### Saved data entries
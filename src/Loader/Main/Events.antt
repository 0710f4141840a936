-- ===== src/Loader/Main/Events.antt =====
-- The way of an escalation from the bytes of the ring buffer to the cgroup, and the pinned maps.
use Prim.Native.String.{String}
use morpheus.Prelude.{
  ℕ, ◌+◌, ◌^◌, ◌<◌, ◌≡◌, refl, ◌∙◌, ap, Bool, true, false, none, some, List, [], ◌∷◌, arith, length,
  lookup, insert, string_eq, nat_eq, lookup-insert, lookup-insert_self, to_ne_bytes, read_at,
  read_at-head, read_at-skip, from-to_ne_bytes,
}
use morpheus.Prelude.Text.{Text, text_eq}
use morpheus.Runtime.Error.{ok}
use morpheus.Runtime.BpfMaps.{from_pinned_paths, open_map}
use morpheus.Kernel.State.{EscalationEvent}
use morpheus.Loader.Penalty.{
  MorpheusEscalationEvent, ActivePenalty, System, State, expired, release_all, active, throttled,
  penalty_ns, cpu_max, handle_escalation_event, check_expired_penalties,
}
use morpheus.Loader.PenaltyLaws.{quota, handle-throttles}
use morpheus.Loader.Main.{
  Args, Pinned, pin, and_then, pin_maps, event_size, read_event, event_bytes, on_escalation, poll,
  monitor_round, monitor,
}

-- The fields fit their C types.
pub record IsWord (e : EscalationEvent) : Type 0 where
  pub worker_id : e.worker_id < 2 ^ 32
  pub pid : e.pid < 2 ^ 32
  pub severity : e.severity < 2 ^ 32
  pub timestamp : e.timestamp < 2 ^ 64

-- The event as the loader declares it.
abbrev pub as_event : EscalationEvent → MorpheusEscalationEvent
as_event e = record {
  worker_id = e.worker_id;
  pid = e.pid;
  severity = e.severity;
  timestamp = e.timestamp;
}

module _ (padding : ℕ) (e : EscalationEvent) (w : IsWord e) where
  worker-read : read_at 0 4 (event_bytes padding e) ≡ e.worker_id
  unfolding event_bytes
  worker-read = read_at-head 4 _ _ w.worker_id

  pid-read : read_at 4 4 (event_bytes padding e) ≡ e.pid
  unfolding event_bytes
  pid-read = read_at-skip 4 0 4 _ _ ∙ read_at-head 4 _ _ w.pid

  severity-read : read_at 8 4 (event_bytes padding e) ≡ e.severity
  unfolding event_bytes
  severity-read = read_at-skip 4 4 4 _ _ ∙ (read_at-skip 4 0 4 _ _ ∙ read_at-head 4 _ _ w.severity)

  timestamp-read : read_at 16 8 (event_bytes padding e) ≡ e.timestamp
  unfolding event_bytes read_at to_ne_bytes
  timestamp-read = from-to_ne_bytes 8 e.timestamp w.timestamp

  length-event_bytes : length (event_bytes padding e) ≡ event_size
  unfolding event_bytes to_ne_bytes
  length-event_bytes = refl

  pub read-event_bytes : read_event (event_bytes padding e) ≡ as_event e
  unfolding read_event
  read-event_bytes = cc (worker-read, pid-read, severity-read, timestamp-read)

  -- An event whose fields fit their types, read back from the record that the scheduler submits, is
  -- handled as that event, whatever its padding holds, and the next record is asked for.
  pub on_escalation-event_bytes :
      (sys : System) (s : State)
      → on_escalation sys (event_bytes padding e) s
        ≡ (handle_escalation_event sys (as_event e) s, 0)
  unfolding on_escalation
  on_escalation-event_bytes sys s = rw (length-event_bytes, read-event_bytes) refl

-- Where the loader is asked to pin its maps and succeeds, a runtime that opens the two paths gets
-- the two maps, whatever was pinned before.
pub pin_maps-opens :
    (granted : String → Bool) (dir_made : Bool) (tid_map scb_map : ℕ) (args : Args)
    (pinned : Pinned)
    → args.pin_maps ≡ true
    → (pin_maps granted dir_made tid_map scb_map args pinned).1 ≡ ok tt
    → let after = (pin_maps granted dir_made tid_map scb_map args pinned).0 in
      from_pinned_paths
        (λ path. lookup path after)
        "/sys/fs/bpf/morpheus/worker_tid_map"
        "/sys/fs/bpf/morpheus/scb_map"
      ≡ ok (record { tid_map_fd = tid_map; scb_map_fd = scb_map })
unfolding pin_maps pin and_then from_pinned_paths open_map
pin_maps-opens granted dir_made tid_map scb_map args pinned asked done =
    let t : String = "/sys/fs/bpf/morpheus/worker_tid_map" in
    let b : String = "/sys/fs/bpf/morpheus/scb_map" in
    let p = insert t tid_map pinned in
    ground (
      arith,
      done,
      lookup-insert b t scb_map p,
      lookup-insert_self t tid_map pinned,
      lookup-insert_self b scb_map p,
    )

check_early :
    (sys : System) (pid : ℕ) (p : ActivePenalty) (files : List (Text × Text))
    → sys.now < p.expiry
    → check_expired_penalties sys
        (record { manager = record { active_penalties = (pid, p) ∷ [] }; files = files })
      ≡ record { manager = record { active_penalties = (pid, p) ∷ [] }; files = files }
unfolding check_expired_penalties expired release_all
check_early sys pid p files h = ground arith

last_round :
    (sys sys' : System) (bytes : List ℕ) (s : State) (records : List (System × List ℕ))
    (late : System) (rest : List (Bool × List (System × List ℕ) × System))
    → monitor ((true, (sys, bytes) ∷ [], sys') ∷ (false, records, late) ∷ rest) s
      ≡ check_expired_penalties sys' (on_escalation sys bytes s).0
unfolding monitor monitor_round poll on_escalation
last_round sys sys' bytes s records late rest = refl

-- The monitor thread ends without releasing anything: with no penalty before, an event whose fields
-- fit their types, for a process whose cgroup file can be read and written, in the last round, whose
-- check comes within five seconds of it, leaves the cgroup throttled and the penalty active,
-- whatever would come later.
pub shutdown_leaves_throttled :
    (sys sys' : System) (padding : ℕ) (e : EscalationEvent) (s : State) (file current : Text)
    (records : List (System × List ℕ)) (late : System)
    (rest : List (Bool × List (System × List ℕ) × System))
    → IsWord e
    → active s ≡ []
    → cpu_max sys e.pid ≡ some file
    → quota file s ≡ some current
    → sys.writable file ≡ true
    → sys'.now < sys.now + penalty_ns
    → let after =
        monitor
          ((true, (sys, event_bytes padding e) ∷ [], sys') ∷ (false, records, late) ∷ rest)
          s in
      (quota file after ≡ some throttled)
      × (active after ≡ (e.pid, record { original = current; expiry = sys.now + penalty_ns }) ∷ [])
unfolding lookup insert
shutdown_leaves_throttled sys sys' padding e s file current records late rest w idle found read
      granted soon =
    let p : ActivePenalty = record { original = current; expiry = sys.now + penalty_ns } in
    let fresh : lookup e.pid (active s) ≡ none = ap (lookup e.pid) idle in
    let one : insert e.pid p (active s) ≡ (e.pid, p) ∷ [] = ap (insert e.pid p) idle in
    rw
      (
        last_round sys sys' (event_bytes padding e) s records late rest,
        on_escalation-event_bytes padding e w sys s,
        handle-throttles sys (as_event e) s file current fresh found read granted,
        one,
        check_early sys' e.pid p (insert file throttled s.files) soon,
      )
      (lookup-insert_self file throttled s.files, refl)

---

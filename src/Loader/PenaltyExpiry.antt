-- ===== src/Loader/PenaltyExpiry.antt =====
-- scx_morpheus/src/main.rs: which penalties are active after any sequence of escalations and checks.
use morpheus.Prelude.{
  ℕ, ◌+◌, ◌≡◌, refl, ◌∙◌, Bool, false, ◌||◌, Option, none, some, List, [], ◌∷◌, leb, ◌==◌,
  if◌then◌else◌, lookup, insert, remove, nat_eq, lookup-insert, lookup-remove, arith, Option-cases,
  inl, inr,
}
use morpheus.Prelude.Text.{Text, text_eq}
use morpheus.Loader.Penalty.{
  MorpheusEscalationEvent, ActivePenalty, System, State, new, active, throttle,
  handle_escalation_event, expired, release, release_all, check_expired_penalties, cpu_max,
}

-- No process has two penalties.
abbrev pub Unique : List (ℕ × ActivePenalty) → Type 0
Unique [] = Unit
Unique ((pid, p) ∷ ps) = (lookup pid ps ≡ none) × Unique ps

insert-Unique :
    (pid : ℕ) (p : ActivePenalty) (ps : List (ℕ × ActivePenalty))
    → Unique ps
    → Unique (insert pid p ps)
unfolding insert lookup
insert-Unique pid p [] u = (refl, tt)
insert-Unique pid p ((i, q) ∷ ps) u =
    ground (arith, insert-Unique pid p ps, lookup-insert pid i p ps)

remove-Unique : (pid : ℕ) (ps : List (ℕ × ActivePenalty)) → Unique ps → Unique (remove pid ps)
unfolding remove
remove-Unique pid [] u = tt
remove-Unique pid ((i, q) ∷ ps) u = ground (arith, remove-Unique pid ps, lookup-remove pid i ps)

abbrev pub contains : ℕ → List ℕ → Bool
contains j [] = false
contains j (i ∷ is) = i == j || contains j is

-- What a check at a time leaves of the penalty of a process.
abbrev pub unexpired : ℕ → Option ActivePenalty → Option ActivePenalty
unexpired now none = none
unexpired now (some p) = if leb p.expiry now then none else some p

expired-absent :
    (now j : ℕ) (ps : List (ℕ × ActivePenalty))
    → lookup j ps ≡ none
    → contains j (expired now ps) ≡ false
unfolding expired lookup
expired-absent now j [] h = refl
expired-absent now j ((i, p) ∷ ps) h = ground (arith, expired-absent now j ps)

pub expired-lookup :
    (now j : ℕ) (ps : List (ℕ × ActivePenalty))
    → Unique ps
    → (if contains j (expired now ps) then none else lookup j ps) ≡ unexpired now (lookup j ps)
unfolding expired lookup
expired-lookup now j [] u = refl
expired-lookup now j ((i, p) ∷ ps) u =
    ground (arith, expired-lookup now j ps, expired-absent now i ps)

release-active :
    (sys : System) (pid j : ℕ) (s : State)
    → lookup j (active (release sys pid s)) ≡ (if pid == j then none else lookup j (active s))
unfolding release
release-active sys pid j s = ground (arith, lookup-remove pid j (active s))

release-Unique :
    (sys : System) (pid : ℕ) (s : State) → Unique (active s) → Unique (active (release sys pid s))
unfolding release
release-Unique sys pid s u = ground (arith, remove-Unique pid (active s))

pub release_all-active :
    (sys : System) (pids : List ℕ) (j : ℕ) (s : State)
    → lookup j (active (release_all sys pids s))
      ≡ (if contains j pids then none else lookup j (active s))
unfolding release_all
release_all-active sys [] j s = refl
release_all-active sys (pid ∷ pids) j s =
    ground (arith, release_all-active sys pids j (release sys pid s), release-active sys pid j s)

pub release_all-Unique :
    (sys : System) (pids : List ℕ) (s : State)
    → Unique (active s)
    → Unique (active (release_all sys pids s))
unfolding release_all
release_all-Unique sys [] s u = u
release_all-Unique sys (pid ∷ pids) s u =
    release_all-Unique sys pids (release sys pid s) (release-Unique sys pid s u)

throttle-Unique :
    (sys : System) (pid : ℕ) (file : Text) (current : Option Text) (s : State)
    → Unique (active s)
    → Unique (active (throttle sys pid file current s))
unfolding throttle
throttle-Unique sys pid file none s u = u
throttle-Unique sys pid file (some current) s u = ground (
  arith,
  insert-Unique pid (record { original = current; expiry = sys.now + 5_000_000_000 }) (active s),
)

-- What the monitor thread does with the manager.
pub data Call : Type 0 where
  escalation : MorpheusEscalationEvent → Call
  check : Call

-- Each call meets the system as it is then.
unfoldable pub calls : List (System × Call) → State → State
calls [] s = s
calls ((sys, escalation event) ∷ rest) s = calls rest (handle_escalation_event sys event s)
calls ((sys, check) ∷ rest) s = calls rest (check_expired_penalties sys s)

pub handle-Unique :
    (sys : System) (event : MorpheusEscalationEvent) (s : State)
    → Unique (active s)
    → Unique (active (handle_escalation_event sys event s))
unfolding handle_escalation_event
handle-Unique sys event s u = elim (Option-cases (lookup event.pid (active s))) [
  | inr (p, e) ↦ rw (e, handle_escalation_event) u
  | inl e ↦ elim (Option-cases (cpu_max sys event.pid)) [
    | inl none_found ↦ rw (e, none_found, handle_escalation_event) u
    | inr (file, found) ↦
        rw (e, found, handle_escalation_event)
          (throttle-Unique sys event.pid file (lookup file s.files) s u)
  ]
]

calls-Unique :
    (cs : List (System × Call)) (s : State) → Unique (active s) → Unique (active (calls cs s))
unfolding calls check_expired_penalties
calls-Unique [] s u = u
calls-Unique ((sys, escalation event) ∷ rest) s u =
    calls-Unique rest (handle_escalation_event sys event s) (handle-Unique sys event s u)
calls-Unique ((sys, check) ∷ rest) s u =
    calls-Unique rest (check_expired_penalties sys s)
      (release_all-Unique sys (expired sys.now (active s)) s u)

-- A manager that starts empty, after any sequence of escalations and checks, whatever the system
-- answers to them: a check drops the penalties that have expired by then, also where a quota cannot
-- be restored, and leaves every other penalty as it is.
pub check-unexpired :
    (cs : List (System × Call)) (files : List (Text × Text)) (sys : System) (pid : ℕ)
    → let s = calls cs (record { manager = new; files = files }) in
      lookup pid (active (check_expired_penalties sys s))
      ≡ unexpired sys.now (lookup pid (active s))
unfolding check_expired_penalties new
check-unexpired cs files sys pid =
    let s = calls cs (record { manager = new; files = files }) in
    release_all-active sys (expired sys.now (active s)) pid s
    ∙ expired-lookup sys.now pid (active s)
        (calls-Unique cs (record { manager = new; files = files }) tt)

### What is required
Please filter the entries for the word "fields" and copy the lines that have it.

### Solution below
-- The fields fit their C types.
  -- An event whose fields fit their types, read back from the record that the scheduler submits, is
-- The monitor thread ends without releasing anything: with no penalty before, an event whose fields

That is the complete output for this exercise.